## [Information given]
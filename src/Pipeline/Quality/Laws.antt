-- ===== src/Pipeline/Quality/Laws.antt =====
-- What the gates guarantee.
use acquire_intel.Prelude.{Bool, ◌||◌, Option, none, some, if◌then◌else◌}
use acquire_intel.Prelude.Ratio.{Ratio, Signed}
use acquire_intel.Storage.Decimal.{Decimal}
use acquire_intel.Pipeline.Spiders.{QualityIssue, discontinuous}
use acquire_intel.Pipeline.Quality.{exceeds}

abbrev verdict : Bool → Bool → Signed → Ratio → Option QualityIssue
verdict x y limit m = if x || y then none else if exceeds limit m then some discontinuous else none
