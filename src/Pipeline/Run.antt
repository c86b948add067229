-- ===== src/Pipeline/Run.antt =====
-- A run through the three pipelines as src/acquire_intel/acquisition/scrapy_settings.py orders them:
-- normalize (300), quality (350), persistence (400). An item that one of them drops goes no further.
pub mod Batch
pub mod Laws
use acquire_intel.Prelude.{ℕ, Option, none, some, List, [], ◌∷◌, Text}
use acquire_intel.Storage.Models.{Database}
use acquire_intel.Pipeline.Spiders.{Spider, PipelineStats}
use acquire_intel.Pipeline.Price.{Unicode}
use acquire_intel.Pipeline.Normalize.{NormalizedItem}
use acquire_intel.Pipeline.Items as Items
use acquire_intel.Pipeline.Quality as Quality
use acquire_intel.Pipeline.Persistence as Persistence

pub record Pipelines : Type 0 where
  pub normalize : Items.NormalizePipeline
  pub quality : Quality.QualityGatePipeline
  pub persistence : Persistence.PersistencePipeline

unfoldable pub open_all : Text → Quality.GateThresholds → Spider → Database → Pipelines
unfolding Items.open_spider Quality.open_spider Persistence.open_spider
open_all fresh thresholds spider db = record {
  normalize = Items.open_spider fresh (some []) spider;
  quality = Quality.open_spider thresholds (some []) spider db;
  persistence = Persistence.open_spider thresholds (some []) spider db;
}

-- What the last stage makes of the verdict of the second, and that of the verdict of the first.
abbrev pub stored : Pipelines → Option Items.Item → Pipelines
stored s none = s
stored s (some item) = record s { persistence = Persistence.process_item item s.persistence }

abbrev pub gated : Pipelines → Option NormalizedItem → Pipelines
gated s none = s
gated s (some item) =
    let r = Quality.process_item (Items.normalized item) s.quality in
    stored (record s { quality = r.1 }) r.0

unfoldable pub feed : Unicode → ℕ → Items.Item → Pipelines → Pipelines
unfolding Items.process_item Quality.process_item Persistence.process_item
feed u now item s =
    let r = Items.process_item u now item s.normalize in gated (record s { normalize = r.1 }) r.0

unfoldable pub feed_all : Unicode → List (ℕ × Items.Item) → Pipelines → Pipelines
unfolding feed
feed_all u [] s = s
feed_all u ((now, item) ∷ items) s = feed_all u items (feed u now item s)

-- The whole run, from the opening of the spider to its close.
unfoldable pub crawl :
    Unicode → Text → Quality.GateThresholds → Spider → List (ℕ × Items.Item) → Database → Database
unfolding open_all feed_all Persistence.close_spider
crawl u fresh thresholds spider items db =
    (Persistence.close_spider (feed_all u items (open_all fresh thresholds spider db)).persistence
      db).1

--

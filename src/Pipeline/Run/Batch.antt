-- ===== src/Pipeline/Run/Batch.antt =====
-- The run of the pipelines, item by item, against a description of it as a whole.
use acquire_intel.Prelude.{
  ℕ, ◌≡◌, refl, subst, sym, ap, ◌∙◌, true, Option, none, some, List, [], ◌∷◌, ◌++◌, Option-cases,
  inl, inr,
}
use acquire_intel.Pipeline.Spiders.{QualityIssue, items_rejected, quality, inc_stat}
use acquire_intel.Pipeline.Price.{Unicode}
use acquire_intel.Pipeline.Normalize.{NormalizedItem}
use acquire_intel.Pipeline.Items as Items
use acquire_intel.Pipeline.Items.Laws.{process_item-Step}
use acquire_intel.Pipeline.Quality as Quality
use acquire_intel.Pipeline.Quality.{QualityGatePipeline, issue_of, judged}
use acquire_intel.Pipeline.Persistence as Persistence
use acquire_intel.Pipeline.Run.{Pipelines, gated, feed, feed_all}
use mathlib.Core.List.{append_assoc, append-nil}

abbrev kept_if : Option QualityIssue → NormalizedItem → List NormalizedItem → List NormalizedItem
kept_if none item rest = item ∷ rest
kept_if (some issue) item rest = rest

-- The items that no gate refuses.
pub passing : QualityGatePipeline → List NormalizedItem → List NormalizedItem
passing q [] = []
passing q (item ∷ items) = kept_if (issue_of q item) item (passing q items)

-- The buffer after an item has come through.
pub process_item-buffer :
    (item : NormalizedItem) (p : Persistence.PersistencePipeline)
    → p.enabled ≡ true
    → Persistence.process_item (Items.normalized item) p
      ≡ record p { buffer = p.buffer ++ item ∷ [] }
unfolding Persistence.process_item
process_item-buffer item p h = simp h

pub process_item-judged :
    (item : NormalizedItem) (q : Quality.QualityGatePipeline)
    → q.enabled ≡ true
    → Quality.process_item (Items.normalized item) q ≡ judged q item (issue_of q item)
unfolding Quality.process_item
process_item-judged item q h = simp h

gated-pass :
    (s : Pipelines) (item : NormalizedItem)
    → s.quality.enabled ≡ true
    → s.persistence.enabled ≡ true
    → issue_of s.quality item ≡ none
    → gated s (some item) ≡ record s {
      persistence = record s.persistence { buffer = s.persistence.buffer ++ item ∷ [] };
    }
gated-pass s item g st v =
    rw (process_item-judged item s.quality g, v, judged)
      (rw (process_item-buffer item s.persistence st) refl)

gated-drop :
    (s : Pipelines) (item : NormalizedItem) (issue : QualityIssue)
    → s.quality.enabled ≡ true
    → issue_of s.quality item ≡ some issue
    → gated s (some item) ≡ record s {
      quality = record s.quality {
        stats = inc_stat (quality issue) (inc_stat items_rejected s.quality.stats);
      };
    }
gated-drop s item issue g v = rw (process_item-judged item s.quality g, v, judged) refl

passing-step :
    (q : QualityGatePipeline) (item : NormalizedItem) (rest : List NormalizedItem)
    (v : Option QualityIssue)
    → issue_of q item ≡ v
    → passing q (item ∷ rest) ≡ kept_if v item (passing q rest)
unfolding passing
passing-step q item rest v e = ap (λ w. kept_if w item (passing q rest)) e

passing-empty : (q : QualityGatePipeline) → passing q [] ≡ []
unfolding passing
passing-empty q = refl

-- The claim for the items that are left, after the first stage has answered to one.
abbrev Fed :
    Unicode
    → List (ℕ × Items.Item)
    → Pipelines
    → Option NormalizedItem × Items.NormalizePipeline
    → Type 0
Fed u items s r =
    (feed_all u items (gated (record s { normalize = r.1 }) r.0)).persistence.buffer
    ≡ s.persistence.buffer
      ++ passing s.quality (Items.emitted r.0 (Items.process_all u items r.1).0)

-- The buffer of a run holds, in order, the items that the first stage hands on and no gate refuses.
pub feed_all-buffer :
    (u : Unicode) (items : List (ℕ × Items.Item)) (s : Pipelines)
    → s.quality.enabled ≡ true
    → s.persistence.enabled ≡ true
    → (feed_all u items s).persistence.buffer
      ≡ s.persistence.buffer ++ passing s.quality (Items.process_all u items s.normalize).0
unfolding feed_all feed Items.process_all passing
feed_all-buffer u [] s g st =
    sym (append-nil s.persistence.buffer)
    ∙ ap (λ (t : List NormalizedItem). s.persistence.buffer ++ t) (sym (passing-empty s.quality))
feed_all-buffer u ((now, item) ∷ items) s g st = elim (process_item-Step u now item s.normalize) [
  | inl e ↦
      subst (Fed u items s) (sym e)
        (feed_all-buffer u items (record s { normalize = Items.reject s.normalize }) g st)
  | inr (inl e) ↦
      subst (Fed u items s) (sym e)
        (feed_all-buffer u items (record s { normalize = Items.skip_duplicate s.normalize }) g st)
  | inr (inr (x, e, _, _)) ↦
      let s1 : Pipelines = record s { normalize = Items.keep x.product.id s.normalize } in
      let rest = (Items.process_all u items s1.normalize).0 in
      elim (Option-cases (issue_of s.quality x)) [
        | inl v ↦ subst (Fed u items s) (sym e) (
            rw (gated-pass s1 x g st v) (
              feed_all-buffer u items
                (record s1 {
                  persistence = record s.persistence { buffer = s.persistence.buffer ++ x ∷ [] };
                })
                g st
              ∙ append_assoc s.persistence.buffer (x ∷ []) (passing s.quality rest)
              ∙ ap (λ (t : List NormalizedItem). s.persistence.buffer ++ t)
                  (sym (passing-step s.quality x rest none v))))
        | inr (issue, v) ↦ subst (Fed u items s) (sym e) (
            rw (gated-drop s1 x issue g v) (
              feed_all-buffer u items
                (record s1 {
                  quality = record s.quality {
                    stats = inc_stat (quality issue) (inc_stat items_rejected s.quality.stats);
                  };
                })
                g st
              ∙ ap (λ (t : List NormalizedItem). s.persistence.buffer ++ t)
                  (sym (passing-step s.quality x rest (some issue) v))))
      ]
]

* * *

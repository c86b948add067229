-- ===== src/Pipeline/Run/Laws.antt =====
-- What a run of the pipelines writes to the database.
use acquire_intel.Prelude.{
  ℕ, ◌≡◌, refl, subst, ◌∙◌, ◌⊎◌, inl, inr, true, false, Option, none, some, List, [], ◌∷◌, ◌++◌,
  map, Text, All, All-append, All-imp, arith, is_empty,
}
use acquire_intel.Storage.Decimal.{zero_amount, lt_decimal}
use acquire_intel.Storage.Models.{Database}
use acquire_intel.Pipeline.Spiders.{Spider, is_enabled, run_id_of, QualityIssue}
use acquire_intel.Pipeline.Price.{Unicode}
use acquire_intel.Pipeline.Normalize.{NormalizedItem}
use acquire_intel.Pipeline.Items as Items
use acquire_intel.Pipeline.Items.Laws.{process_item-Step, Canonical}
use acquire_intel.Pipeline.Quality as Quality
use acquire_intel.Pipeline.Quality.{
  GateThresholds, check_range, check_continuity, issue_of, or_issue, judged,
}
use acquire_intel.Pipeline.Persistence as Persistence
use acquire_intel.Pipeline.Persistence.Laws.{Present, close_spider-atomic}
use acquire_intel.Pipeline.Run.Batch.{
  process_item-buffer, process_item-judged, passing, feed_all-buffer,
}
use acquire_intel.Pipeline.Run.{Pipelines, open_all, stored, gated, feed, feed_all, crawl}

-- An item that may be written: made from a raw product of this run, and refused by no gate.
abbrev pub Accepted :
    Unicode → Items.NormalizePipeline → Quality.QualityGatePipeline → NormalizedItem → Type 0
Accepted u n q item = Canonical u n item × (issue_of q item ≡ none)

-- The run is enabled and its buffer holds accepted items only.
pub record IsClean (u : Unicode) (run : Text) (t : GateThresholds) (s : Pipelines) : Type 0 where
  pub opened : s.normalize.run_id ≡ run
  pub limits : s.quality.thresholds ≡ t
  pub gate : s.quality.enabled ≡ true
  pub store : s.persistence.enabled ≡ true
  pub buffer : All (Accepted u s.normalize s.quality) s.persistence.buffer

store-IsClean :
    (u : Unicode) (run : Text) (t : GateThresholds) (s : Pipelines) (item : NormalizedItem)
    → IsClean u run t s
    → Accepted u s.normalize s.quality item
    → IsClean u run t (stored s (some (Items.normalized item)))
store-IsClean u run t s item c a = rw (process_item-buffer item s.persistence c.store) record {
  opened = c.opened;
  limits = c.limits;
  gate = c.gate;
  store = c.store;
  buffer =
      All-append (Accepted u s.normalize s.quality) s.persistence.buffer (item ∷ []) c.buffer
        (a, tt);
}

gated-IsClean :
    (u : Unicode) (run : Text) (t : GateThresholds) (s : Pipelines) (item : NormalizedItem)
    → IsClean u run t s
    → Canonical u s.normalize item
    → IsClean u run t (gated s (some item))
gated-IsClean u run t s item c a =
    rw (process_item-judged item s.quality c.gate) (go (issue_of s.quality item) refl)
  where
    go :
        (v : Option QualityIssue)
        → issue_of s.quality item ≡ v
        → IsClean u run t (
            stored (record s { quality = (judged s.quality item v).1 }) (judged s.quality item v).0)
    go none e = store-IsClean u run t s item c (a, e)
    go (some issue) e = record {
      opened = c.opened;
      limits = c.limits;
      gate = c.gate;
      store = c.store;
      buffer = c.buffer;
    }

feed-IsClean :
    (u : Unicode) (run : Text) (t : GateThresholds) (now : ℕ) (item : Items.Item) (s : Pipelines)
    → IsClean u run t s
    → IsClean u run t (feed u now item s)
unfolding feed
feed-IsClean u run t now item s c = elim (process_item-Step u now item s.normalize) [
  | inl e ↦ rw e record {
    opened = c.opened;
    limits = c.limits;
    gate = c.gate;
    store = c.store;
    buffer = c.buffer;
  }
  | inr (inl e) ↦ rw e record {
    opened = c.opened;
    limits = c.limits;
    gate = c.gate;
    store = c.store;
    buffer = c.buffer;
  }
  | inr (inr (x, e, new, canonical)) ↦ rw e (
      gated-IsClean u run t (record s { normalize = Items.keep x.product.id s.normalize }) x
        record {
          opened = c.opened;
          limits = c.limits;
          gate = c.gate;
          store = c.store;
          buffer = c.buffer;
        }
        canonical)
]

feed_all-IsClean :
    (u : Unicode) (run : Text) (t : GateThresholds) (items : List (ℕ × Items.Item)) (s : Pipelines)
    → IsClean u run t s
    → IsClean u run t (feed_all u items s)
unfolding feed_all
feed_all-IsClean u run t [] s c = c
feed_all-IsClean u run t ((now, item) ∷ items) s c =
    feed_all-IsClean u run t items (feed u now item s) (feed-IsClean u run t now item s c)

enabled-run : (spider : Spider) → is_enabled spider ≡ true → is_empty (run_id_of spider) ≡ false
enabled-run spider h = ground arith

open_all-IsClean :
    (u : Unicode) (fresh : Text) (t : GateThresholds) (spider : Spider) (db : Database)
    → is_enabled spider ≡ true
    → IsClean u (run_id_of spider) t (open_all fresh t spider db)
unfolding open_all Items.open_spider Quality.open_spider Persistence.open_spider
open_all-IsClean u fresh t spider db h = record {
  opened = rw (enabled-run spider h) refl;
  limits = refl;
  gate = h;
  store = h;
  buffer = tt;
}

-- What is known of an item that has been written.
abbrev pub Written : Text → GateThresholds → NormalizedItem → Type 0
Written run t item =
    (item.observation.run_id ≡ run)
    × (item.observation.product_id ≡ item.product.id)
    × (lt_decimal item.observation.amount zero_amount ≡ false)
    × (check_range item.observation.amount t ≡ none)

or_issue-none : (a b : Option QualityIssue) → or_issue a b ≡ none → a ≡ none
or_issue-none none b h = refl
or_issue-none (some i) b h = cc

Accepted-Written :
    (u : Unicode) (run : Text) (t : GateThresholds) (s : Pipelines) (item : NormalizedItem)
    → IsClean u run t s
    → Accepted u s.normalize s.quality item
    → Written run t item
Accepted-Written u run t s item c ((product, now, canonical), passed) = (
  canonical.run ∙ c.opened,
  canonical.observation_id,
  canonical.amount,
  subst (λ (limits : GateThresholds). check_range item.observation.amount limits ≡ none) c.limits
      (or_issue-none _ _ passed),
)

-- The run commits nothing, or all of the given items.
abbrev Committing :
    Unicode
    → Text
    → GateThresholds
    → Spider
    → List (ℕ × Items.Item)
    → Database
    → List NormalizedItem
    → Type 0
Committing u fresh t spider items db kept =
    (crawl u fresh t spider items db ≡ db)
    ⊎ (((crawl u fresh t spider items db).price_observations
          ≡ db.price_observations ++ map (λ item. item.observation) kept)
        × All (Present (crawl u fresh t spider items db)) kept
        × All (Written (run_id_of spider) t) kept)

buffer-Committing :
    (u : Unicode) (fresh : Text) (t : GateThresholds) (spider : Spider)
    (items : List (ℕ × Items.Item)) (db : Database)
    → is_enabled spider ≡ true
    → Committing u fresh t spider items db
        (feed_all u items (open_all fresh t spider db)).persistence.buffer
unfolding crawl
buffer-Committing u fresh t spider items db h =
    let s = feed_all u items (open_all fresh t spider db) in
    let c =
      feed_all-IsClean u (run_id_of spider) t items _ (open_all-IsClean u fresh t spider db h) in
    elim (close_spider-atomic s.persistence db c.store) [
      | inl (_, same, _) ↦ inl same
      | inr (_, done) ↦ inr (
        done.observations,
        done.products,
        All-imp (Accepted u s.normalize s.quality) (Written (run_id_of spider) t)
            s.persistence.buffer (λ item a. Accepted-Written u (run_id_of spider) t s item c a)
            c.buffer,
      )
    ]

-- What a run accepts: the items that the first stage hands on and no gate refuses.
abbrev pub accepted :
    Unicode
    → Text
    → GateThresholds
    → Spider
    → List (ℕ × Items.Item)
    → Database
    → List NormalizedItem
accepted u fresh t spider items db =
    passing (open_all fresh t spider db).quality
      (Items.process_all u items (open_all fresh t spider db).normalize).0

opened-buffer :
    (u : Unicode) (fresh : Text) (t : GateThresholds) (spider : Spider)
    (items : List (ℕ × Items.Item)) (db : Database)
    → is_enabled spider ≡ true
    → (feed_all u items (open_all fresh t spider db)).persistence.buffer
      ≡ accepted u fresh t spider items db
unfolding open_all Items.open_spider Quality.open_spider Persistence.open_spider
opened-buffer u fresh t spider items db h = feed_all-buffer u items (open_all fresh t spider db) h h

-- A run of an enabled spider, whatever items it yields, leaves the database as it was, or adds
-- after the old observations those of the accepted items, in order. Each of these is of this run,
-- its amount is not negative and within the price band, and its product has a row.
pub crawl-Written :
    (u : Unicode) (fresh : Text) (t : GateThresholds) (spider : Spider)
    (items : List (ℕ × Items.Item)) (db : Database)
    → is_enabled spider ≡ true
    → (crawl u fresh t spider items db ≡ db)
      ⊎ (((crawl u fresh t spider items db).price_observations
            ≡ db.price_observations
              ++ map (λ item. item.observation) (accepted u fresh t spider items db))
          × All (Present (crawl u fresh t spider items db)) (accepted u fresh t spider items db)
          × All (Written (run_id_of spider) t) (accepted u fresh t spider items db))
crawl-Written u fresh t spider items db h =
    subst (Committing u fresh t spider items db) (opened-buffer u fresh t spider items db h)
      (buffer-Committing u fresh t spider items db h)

## [What is needed]
Would you please repeat exactly the lines above, starting at the line with "Unicode → Items.NormalizePipeline" and stopping at the line with "pub gate : s.quality.enabled ≡ true", both included?

## [Solution to this exercise]
    Unicode → Items.NormalizePipeline → Quality.QualityGatePipeline → NormalizedItem → Type 0
Accepted u n q item = Canonical u n item × (issue_of q item ≡ none)

-- The run is enabled and its buffer holds accepted items only.
pub record IsClean (u : Unicode) (run : Text) (t : GateThresholds) (s : Pipelines) : Type 0 where
  pub opened : s.normalize.run_id ≡ run
  pub limits : s.quality.thresholds ≡ t
  pub gate : s.quality.enabled ≡ true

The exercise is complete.